## Provided records

--- --- ---

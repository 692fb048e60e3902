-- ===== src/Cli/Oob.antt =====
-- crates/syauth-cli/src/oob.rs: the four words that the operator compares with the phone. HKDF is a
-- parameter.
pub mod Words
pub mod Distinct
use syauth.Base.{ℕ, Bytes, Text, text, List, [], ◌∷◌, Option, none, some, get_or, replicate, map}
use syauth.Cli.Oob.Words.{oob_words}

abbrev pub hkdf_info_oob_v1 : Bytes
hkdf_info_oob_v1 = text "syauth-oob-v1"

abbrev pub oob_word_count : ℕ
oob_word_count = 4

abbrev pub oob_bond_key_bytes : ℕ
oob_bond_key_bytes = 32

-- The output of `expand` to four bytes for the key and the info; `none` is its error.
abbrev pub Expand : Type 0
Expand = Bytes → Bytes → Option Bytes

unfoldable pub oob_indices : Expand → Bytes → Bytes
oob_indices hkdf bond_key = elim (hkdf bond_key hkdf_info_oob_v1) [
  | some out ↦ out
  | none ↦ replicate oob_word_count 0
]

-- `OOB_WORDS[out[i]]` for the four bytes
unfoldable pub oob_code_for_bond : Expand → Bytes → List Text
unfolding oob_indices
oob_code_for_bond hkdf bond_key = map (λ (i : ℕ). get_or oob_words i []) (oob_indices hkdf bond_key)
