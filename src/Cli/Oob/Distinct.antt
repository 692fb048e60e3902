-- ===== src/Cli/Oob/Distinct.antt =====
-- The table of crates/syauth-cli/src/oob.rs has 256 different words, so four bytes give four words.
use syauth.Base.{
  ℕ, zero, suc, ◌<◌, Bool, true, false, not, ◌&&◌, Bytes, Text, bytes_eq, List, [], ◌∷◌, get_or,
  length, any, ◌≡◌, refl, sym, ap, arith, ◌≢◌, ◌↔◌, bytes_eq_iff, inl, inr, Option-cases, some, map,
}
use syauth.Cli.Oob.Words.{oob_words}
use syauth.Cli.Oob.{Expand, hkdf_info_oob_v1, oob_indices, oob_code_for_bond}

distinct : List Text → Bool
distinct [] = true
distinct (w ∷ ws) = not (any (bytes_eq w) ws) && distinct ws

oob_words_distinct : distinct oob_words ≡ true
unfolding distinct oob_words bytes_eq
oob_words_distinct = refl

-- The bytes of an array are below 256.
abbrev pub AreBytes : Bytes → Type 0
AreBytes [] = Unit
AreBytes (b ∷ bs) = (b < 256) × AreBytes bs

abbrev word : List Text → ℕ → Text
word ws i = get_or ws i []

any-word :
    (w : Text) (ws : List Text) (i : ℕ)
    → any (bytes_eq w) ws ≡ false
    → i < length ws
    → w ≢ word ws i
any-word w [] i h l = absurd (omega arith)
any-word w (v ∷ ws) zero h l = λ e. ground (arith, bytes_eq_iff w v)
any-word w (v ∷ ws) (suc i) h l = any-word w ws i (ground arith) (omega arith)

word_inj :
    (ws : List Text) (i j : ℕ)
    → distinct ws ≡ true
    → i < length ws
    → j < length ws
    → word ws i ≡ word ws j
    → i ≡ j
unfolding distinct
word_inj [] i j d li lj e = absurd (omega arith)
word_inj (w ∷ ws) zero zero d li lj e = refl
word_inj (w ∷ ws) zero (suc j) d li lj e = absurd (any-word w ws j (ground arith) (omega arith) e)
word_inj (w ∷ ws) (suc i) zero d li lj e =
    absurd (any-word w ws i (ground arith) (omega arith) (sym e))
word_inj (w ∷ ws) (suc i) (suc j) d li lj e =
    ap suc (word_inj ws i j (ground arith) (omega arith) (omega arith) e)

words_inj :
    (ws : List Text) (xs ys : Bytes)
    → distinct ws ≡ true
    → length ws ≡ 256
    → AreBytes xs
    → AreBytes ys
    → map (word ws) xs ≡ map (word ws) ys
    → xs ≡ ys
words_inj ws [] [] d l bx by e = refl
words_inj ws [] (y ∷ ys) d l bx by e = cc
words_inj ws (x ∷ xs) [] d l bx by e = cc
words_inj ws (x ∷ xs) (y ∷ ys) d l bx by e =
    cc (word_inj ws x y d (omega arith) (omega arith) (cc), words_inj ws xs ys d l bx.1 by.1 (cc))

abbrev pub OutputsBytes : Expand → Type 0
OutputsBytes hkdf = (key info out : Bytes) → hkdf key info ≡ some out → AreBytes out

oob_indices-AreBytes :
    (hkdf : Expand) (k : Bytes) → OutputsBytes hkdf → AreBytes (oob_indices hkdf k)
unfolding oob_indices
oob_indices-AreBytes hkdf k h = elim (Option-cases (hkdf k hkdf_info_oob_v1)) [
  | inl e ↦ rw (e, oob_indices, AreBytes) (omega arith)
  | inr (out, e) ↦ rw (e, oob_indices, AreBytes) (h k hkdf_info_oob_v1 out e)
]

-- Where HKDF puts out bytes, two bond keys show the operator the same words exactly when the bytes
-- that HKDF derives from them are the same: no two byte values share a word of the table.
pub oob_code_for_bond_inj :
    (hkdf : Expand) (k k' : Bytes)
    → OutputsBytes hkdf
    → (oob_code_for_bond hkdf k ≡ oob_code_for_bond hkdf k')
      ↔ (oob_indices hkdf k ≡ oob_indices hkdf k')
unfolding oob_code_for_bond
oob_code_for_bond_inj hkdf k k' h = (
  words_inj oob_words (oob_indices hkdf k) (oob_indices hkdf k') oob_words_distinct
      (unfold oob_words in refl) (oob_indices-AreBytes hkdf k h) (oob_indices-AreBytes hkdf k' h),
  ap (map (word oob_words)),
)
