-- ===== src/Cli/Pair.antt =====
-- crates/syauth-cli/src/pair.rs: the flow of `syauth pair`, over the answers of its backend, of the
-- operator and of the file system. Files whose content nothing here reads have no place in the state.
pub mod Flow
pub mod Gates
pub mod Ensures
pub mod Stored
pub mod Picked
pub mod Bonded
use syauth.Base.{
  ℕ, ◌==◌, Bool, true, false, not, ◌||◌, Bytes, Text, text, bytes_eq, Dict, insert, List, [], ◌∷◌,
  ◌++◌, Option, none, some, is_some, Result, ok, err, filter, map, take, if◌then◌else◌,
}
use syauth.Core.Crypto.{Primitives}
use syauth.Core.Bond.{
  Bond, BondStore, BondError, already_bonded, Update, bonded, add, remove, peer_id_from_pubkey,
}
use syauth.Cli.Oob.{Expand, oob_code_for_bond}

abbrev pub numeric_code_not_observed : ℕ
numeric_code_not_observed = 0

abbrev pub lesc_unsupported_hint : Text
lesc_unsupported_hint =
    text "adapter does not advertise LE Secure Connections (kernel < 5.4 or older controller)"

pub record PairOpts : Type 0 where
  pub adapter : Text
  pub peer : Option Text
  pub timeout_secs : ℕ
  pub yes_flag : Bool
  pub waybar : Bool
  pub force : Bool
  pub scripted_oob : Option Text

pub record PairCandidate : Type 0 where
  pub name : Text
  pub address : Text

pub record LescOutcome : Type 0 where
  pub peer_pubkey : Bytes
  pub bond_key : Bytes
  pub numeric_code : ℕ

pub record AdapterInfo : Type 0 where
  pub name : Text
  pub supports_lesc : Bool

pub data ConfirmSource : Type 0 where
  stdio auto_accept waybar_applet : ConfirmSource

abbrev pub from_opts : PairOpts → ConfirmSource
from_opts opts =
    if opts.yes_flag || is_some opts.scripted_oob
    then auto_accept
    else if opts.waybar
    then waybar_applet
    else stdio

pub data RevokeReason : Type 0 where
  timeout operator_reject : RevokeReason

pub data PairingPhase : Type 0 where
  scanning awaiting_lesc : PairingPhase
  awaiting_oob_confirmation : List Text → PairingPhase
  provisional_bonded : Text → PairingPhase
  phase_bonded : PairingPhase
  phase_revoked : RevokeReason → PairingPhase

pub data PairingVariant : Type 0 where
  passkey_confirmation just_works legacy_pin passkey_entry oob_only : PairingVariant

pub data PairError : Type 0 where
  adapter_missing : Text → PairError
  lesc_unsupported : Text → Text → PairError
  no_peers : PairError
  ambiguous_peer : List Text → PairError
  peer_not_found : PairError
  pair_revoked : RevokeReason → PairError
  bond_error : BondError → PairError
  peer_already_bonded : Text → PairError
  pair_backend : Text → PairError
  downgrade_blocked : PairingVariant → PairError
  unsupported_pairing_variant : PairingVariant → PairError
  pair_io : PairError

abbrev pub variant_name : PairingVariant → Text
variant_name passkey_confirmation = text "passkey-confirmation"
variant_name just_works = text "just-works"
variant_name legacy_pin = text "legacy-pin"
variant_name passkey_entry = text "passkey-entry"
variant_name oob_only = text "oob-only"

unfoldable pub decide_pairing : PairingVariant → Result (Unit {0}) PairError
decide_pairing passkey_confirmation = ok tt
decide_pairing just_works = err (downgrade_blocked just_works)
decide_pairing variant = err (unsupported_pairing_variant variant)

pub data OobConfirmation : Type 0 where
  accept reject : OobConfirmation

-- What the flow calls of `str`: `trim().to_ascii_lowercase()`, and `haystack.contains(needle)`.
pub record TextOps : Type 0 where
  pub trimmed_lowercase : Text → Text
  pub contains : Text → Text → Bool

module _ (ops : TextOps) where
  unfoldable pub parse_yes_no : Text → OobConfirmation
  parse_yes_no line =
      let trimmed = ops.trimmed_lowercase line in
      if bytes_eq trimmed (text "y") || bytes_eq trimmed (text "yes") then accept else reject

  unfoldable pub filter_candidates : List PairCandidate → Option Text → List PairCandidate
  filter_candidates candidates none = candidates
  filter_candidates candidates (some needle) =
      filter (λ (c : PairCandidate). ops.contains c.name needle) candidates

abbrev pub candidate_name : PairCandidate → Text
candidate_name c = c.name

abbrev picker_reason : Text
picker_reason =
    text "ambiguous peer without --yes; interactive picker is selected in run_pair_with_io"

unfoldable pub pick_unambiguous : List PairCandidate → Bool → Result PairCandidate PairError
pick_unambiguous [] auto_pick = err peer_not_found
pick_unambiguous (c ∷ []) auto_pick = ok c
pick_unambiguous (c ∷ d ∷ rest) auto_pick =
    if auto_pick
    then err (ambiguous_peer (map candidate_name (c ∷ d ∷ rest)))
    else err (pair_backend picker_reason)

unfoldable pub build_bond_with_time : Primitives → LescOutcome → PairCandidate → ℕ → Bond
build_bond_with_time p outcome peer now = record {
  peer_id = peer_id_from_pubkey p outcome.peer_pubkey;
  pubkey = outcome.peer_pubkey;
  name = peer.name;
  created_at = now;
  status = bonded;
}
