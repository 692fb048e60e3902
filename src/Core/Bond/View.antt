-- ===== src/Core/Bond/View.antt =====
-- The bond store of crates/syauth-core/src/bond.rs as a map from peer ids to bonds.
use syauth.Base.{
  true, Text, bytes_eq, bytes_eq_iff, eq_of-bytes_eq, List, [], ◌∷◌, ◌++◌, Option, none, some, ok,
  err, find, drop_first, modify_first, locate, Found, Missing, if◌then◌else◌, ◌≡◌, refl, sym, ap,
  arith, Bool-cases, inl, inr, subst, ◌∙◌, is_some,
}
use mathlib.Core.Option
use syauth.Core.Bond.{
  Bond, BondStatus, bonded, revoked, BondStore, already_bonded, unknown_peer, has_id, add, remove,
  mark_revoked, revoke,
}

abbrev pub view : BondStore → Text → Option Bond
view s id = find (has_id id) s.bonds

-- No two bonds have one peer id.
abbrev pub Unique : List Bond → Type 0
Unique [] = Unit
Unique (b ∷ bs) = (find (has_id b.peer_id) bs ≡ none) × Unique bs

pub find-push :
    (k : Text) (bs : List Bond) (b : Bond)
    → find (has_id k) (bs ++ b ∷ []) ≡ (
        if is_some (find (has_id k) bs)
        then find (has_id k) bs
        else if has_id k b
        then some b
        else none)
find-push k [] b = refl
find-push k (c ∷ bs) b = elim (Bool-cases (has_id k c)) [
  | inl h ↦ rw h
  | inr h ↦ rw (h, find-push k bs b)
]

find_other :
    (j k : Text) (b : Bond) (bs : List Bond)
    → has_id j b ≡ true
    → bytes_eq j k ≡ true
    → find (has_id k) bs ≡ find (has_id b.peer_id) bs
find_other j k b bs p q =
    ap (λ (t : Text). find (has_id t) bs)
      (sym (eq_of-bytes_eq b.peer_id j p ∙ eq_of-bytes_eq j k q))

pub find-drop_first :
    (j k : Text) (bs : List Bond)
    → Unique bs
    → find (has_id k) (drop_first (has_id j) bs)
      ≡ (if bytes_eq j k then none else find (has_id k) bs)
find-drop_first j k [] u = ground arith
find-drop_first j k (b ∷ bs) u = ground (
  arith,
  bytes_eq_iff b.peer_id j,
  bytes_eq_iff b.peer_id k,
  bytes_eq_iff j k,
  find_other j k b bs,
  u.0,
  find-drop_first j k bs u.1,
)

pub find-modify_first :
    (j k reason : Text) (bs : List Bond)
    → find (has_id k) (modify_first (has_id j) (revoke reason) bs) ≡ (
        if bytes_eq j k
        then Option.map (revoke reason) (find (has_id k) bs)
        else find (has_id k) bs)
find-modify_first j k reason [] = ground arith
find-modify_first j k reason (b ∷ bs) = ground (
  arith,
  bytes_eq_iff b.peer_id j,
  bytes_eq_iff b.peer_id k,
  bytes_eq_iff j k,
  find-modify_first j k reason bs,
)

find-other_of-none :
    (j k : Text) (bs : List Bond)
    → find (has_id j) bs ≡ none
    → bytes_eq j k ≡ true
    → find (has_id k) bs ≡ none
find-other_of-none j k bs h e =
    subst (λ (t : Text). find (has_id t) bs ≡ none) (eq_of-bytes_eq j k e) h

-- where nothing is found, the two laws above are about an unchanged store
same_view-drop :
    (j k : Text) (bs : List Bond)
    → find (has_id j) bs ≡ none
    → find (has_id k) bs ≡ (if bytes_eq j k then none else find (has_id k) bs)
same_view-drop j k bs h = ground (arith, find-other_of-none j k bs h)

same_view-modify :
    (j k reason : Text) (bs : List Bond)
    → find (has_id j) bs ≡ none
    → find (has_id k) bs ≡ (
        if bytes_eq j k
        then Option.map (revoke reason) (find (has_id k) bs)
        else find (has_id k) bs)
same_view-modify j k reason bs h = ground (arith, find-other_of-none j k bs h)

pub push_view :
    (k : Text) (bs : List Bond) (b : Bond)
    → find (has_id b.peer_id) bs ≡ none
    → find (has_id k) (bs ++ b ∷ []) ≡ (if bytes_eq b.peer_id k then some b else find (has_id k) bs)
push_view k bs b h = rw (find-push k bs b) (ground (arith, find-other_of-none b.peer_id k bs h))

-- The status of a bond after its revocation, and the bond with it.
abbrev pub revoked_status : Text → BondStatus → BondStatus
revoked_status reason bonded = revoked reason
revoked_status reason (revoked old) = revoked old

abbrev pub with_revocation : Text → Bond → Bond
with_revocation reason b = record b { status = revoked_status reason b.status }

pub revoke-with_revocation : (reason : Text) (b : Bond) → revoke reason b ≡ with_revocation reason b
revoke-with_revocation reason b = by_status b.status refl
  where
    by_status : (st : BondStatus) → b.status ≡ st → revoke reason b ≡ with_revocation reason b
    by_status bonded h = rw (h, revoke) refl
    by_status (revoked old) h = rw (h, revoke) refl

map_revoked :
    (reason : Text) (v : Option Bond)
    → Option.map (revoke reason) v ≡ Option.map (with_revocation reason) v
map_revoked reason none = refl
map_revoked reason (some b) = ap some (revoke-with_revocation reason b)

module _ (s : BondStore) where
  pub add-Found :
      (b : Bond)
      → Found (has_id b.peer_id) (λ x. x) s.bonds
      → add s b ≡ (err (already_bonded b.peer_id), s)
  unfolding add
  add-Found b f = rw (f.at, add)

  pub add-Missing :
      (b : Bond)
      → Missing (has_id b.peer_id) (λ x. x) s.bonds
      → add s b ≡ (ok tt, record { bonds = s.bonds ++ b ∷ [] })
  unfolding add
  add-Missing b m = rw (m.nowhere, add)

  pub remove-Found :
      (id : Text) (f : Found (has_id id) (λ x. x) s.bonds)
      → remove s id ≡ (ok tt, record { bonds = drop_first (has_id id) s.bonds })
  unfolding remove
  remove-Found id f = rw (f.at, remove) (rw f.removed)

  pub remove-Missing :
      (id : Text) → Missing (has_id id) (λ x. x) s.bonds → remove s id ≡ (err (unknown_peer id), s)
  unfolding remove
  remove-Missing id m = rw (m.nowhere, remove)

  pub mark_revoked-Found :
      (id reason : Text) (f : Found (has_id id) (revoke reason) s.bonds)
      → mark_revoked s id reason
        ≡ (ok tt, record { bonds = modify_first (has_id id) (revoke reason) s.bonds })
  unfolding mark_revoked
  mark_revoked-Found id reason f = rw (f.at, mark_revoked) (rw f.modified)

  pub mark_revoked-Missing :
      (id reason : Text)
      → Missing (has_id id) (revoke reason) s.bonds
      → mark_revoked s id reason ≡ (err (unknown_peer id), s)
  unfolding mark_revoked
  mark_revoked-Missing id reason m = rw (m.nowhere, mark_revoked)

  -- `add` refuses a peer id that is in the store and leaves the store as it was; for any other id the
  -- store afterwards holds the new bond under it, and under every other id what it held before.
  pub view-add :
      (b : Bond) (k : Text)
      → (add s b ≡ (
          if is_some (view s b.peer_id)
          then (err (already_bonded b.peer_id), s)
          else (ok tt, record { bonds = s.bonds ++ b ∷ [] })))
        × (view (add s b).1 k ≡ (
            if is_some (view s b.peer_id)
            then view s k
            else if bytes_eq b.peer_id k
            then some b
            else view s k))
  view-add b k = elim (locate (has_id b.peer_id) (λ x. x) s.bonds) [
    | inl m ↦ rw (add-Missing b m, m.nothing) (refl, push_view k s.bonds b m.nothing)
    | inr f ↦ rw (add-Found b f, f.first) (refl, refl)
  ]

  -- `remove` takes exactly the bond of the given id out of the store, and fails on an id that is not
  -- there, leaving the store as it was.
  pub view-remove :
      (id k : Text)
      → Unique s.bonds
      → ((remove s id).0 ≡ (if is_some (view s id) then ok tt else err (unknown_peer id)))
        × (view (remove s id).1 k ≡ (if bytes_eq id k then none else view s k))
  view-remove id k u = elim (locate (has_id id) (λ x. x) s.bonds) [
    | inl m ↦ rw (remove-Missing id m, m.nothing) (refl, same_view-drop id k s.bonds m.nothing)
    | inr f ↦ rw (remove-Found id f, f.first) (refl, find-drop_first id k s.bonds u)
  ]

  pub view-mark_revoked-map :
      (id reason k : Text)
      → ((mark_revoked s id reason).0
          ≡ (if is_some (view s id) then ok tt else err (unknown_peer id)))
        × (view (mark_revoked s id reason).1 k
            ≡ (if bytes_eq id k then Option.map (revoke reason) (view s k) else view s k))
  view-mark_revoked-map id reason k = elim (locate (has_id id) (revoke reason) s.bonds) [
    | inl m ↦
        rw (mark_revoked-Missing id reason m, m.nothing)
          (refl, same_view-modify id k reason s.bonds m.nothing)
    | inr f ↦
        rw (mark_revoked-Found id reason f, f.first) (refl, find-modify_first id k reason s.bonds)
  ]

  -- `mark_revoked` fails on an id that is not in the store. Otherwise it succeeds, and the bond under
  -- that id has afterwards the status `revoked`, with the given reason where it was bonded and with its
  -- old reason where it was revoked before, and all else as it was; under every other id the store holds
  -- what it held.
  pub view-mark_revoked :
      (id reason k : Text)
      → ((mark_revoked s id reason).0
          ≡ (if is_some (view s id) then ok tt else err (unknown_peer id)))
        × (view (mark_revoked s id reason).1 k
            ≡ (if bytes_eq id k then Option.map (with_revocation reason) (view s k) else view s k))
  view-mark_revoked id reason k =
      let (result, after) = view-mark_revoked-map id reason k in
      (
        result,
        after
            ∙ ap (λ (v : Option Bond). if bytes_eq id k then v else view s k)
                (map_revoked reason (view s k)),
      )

--- --- ---

## The problem
If a line of the data contains the word "before", count it; say how many such lines there are and nothing else.

## Answer for the task
2